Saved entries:
-=-=-
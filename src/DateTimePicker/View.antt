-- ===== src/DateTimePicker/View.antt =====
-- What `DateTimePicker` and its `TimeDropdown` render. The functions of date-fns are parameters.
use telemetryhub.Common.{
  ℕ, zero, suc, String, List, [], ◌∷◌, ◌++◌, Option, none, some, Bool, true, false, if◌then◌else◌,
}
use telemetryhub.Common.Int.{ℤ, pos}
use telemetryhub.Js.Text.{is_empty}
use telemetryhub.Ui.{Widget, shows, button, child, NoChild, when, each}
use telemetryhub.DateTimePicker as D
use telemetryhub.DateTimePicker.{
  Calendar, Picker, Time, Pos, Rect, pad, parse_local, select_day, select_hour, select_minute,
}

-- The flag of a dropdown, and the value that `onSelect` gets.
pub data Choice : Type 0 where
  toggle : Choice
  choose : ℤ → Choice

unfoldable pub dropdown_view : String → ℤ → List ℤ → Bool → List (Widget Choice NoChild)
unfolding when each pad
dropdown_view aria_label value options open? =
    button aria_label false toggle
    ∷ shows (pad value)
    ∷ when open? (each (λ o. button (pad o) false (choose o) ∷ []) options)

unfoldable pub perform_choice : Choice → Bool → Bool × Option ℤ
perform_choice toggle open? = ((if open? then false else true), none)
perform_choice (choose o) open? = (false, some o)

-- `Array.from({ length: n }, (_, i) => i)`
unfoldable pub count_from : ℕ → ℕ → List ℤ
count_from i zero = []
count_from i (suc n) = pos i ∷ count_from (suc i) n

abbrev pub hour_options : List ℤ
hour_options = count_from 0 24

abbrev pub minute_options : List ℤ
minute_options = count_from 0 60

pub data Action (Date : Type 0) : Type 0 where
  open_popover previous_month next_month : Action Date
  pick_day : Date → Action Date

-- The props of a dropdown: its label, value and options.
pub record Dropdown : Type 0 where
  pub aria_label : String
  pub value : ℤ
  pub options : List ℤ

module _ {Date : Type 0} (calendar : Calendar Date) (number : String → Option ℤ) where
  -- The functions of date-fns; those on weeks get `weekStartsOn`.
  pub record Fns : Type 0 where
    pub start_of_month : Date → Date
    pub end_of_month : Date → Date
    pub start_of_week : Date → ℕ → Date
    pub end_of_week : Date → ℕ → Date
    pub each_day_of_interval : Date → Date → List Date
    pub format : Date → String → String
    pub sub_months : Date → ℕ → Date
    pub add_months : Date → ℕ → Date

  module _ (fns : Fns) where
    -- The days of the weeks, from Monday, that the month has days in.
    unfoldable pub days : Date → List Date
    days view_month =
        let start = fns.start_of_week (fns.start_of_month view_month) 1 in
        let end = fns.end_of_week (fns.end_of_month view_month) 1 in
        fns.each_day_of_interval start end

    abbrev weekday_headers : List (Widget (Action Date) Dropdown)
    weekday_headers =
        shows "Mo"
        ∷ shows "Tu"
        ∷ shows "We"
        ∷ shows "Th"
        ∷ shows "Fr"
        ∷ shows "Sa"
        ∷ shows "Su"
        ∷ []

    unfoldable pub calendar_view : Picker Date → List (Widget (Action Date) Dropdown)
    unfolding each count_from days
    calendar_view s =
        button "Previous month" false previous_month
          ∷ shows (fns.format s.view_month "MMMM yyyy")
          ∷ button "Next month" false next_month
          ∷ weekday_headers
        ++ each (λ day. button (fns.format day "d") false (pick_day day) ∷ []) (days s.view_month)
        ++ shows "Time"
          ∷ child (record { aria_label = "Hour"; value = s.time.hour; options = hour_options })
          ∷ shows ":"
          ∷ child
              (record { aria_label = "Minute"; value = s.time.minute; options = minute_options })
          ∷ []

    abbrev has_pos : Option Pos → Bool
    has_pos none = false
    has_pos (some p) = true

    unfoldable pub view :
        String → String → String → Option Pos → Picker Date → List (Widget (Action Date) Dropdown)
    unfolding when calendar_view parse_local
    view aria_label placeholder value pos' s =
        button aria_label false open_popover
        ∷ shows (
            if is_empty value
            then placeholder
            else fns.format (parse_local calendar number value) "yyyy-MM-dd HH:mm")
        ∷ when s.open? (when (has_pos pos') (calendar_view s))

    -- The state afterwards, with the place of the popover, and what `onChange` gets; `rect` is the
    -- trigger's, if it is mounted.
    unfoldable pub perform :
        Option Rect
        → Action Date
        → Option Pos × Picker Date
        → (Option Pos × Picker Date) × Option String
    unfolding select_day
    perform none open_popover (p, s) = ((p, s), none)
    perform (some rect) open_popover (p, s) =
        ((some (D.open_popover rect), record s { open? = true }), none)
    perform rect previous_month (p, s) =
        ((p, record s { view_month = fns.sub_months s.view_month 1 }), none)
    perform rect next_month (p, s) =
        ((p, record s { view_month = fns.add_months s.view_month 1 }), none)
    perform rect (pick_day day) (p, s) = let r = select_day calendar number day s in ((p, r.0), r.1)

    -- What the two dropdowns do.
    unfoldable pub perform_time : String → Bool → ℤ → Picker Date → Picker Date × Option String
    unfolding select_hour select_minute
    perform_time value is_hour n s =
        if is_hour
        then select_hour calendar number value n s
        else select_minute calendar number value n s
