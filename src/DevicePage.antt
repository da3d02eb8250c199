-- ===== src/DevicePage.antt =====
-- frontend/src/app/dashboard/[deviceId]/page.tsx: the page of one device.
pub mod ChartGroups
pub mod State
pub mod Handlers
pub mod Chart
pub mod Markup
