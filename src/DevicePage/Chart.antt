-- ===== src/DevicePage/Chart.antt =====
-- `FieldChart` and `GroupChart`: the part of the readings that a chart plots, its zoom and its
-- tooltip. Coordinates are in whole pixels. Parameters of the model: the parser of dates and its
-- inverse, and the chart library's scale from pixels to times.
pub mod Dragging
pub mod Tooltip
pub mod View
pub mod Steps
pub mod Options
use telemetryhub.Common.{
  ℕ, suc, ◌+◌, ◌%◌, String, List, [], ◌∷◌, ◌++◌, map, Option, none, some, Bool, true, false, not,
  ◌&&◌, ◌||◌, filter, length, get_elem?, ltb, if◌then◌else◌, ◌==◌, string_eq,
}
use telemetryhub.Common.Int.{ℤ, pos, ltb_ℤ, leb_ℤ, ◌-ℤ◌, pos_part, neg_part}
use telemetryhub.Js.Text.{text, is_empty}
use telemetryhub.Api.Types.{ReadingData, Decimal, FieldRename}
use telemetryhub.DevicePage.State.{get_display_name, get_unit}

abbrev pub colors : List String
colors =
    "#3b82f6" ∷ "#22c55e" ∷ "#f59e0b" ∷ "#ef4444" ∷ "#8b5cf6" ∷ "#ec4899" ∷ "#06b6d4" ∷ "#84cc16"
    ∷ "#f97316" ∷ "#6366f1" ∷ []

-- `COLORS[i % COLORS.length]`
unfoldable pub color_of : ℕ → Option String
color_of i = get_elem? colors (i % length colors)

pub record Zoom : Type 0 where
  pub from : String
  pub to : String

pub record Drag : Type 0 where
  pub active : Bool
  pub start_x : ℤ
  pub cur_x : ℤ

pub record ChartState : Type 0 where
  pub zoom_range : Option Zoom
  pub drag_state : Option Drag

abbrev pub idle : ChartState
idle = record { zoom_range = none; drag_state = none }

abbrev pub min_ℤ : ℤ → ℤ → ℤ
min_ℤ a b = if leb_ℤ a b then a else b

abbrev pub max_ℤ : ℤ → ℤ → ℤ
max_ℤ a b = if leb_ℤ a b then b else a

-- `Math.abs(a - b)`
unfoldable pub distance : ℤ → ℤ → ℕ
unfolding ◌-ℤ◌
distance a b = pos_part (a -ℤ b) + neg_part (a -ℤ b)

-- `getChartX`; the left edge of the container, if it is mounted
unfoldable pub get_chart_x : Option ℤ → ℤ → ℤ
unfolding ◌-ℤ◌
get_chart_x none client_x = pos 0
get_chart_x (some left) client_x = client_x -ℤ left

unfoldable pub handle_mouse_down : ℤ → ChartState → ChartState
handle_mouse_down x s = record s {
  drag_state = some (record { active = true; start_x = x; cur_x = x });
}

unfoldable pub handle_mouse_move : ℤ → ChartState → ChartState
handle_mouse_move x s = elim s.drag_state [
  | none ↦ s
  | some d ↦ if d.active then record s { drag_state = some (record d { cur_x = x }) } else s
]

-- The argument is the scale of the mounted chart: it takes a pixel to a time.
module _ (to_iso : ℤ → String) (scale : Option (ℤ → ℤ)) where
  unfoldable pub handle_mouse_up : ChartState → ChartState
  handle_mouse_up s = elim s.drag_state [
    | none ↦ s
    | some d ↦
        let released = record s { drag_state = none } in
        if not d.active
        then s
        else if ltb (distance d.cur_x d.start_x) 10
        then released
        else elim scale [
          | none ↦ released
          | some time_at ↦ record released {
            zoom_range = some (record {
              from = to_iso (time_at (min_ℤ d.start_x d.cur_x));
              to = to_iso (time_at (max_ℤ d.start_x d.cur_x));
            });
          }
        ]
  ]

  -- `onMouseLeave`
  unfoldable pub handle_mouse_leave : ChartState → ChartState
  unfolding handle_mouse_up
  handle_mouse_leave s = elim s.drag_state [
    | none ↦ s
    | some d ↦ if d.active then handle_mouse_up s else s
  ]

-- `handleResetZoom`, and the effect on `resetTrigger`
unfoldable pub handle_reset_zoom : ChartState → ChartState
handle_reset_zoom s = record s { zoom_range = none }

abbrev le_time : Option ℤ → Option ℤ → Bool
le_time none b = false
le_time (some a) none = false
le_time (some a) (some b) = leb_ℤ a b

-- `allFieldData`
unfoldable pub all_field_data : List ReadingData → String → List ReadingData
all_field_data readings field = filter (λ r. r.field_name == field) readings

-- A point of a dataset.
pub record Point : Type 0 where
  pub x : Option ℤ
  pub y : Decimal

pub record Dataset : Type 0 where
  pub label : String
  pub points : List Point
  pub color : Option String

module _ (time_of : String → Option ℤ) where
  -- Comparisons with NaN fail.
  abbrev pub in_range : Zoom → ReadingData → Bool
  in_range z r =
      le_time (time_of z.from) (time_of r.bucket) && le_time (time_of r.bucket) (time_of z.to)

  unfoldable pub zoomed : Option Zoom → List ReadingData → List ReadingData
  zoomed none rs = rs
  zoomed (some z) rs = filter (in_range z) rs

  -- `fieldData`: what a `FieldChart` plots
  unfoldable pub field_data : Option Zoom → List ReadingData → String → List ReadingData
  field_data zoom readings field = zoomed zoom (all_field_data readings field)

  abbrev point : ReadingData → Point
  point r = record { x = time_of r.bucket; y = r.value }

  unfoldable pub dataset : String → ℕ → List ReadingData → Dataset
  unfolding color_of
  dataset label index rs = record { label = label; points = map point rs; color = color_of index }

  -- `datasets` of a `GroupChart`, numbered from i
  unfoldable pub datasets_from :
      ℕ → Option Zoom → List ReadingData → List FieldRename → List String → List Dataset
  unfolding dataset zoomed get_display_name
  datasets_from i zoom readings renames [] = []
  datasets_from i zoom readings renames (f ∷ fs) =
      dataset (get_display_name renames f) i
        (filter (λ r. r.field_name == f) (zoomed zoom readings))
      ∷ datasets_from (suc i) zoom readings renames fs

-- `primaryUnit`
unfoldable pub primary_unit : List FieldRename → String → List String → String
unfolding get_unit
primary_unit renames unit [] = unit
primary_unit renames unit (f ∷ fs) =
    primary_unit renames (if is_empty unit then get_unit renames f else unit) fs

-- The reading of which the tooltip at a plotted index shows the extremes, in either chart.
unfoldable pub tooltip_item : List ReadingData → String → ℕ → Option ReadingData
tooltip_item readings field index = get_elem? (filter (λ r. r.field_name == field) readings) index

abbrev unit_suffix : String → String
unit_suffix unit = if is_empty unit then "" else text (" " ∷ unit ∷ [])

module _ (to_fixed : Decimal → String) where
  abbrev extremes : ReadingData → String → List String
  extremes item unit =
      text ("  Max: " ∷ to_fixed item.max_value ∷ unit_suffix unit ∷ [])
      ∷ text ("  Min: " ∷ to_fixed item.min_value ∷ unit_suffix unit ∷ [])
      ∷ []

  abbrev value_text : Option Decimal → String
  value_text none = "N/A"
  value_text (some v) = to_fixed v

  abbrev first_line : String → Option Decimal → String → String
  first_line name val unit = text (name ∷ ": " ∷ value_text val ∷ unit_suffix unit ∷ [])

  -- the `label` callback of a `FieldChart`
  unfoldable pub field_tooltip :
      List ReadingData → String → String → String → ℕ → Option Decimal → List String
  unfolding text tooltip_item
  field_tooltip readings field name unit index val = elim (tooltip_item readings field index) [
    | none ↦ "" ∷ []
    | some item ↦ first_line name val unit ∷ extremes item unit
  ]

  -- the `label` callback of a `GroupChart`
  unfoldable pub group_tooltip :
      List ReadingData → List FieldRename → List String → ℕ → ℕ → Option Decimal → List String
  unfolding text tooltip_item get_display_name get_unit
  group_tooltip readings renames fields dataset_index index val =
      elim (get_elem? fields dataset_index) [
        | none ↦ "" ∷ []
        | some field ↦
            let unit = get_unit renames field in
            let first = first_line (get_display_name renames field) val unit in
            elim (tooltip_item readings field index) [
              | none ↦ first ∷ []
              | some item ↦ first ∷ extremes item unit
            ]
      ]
-=-=-
#### Task:
Please give an exact copy of the lines above, beginning with the line containing "unfoldable pub dataset : String" and running through the line containing "unfoldable pub datasets_from", and of no other lines.

#### Problem solution:
  unfoldable pub dataset : String → ℕ → List ReadingData → Dataset
  unfolding color_of
  dataset label index rs = record { label = label; points = map point rs; color = color_of index }

  -- `datasets` of a `GroupChart`, numbered from i
  unfoldable pub datasets_from :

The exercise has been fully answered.